* _WHAT TO WORK ON_
In the entries below, find the line with "(env : Env) (cs" and the line with "elim (Bool-cases (ltb". Reproduce those two lines and every line between them exactly, and nothing more.

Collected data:
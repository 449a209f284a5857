-- ===== src/Assistant/Turn/Overflow.antt =====
-- A reply that announces more calls than a turn may make (assistant/service.py).
use terraformer.Base.{
  ℕ, suc, ◌+◌, ◌≤◌, ◌<◌, ◌≡◌, refl, ◌∙◌, ap, Bool, true, false, List, [], ◌∷◌, ◌++◌, map, length,
  ltb, is_empty, not, ◌||◌, arith, Bool-cases, inl, inr, none,
}
use terraformer.Text.{is_some}
use terraformer.Assistant.Context.{History}
use terraformer.Assistant.Turn.{
  ToolCallRequest, ToolResult, answered, Reply, Env, Turn, max_rounds, max_calls, concatenated,
  add_message, prepared, heard, answer_call, run_calls, finish, ask_model, run_rounds, run_turn,
  started, is_zero,
}
use terraformer.Assistant.Turn.Work.{heard_message, result_count, ask_model-counts}
use terraformer.Assistant.Turn.Bounds.{answer, answer_call-counts, run_calls-failure}

-- How many calls the messages of a history announce.
unfoldable pub announced_count : History → ℕ
announced_count [] = 0
announced_count (m ∷ ms) = length m.tool_calls + announced_count ms

announced_count-append :
    (xs ys : History) → announced_count (xs ++ ys) ≡ announced_count xs + announced_count ys
unfolding announced_count
announced_count-append [] ys = omega arith
announced_count-append (x ∷ xs) ys = omega (arith, announced_count-append xs ys)

length-ids :
    (cs : List ToolCallRequest) → length (map (λ (c : ToolCallRequest). c.id) cs) ≡ length cs
length-ids [] = refl
length-ids (c ∷ cs) = ap suc (length-ids cs)

answer_call-announces :
    (c : ToolCallRequest) (r : ToolResult) (t : Turn)
    → announced_count (answer_call c r t).stored ≡ announced_count t.stored
unfolding answer_call add_message announced_count
answer_call-announces c r t = announced_count-append t.stored (answer c r ∷ []) ∙ omega arith

or_true : (a b : Bool) → b ≡ true → (a || b) ≡ true
or_true true b e = refl
or_true false b e = e

heard-announces :
    (reply : Reply) (t : Turn)
    → is_some reply.failure ≡ false
    → not (is_empty reply.calls) ≡ true
    → announced_count (heard reply t).stored ≡ announced_count t.stored + length reply.calls
unfolding heard add_message announced_count
heard-announces reply t f e =
    rw (f, or_true (not (is_empty (concatenated reply.tokens))) (not (is_empty reply.calls)) e)
      (announced_count-append t.stored (heard_message reply ∷ [])
        ∙ omega (arith, length-ids reply.calls))

-- The calls of a round that has too many: the first ones are answered, up to the limit.
run_calls-over :
    (env : Env) (cs : List ToolCallRequest) (t : Turn)
    → t.calls_made ≤ max_calls
    → max_calls < t.calls_made + length cs
    → ((c : ToolCallRequest) → (r : ToolResult) × (env.run_tool c ≡ answered r))
    → ((run_calls env cs t).calls_made ≡ suc max_calls)
      × ((run_calls env cs t).requests ≡ t.requests)
      × (result_count (run_calls env cs t).stored + t.calls_made
          ≡ result_count t.stored + max_calls)
      × (announced_count (run_calls env cs t).stored ≡ announced_count t.stored)
unfolding run_calls
run_calls-over env [] t h o tools = ground (arith, h, o)
run_calls-over env (c ∷ cs) t h o tools =
    let counted : Turn = record t { calls_made = suc t.calls_made } in
    let (r, a) = tools c in
    let next = answer_call c r counted in
    elim (Bool-cases (ltb max_calls (suc t.calls_made))) [
      | inl e ↦ rw (e, run_calls) (ground (arith, e, h), refl, ground (arith, e, h), refl)
      | inr e ↦
          let (made, requests, results, announced) =
            run_calls-over env cs next (ground (arith, e)) (omega (arith, o)) tools in
          let n = answer_call-counts c r counted in
          rw (e, run_calls, a)
            (made, requests, omega arith, announced ∙ answer_call-announces c r counted)
    ]

many-not_empty : (cs : List ToolCallRequest) → 40 < length cs → is_empty cs ≡ false
many-not_empty [] h = ground (arith, h)
many-not_empty (c ∷ cs) h = refl

over_branch :
    (f b g o : Bool) (u x v y z : Turn)
    → f ≡ false
    → b ≡ false
    → g ≡ false
    → o ≡ true
    → (elim f [
      | true ↦ u
      | false ↦ elim b [
        | true ↦ x
        | false ↦ elim g [ true ↦ v | false ↦ elim o [ true ↦ y | false ↦ z ] ]
      ]
    ])
      ≡ y
over_branch f b g o u x v y z p q r s = rw (p, q, r, s) refl

run_rounds-over :
    (env : Env) (left : ℕ) (t : Turn)
    → is_some (ask_model env (is_zero left) t).0.failure ≡ false
    → is_empty (ask_model env (is_zero left) t).0.calls ≡ false
    → is_some
        (run_calls env
          (ask_model env (is_zero left) t).0.calls
          (ask_model env (is_zero left) t).1).failure
      ≡ false
    → (run_calls env
        (ask_model env (is_zero left) t).0.calls
        (ask_model env (is_zero left) t).1).calls_made
      ≡ suc max_calls
    → run_rounds env (suc left) t
      ≡ finish (
          run_calls env (ask_model env (is_zero left) t).0.calls (ask_model env (is_zero left) t).1)
unfolding run_rounds
run_rounds-over env left t f e g made =
    let (reply, heard_turn) = ask_model env (is_zero left) t in
    let called = run_calls env reply.calls heard_turn in
    over_branch (is_some reply.failure) (is_empty reply.calls) (is_some called.failure)
      (ltb max_calls called.calls_made) heard_turn (finish heard_turn) called (finish called)
      (run_rounds env left called) f e g (ap (ltb max_calls) made)

ask_model-announces :
    (env : Env) (final : Bool) (t : Turn)
    → is_some (ask_model env final t).0.failure ≡ false
    → is_empty (ask_model env final t).0.calls ≡ false
    → announced_count (ask_model env final t).1.stored
      ≡ announced_count t.stored + length (ask_model env final t).0.calls
unfolding ask_model prepared
ask_model-announces env final t f e =
    heard-announces (ask_model env final t).0 (prepared env final t) f (ap not e)

-- When the first reply of a turn is complete and announces more than forty calls, and no tool raises,
-- forty of them are answered and the model is not asked again: the turn ends without an answer, and the
-- history that is stored announces calls that have no result.
pub overflow_ends_turn :
    (env : Env) (history : History)
    → (ask_model env false (started env history)).0.failure ≡ none
    → ((c : ToolCallRequest) → (r : ToolResult) × (env.run_tool c ≡ answered r))
    → 40 < length (ask_model env false (started env history)).0.calls
    → ((run_turn env history).requests ≡ 1)
      × (result_count (run_turn env history).stored ≡ 40)
      × (announced_count (run_turn env history).stored
          ≡ length (ask_model env false (started env history)).0.calls)
unfolding run_turn result_count announced_count
overflow_ends_turn env history whole tools o =
    let reply = (ask_model env false (started env history)).0 in
    let heard_turn = (ask_model env false (started env history)).1 in
    let (requests, made, results, failed) = ask_model-counts env false (started env history) in
    let (a, b, c, d) =
      run_calls-over env reply.calls heard_turn (omega (arith, made)) (omega (arith, made, o))
        tools in
    let e = many-not_empty reply.calls o in
    let f = ap is_some whole in
    let g = ap is_some (run_calls-failure env reply.calls heard_turn tools ∙ failed ∙ whole) in
    let over = run_rounds-over env max_rounds (started env history) f e g a in
    (
      ap (λ (t : Turn). t.requests) over ∙ b ∙ requests,
      ap (λ (t : Turn). result_count t.stored) over ∙ omega (arith, made, results),
      ap (λ (t : Turn). announced_count t.stored) over
          ∙ d
          ∙ ask_model-announces env false (started env history) f e
          ∙ omega arith,
    )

* _TASK RESPONSE_
    (env : Env) (cs : List ToolCallRequest) (t : Turn)
    → t.calls_made ≤ max_calls
    → max_calls < t.calls_made + length cs
    → ((c : ToolCallRequest) → (r : ToolResult) × (env.run_tool c ≡ answered r))
    → ((run_calls env cs t).calls_made ≡ suc max_calls)
      × ((run_calls env cs t).requests ≡ t.requests)
      × (result_count (run_calls env cs t).stored + t.calls_made
          ≡ result_count t.stored + max_calls)
      × (announced_count (run_calls env cs t).stored ≡ announced_count t.stored)
unfolding run_calls
run_calls-over env [] t h o tools = ground (arith, h, o)
run_calls-over env (c ∷ cs) t h o tools =
    let counted : Turn = record t { calls_made = suc t.calls_made } in
    let (r, a) = tools c in
    let next = answer_call c r counted in
    elim (Bool-cases (ltb max_calls (suc t.calls_made))) [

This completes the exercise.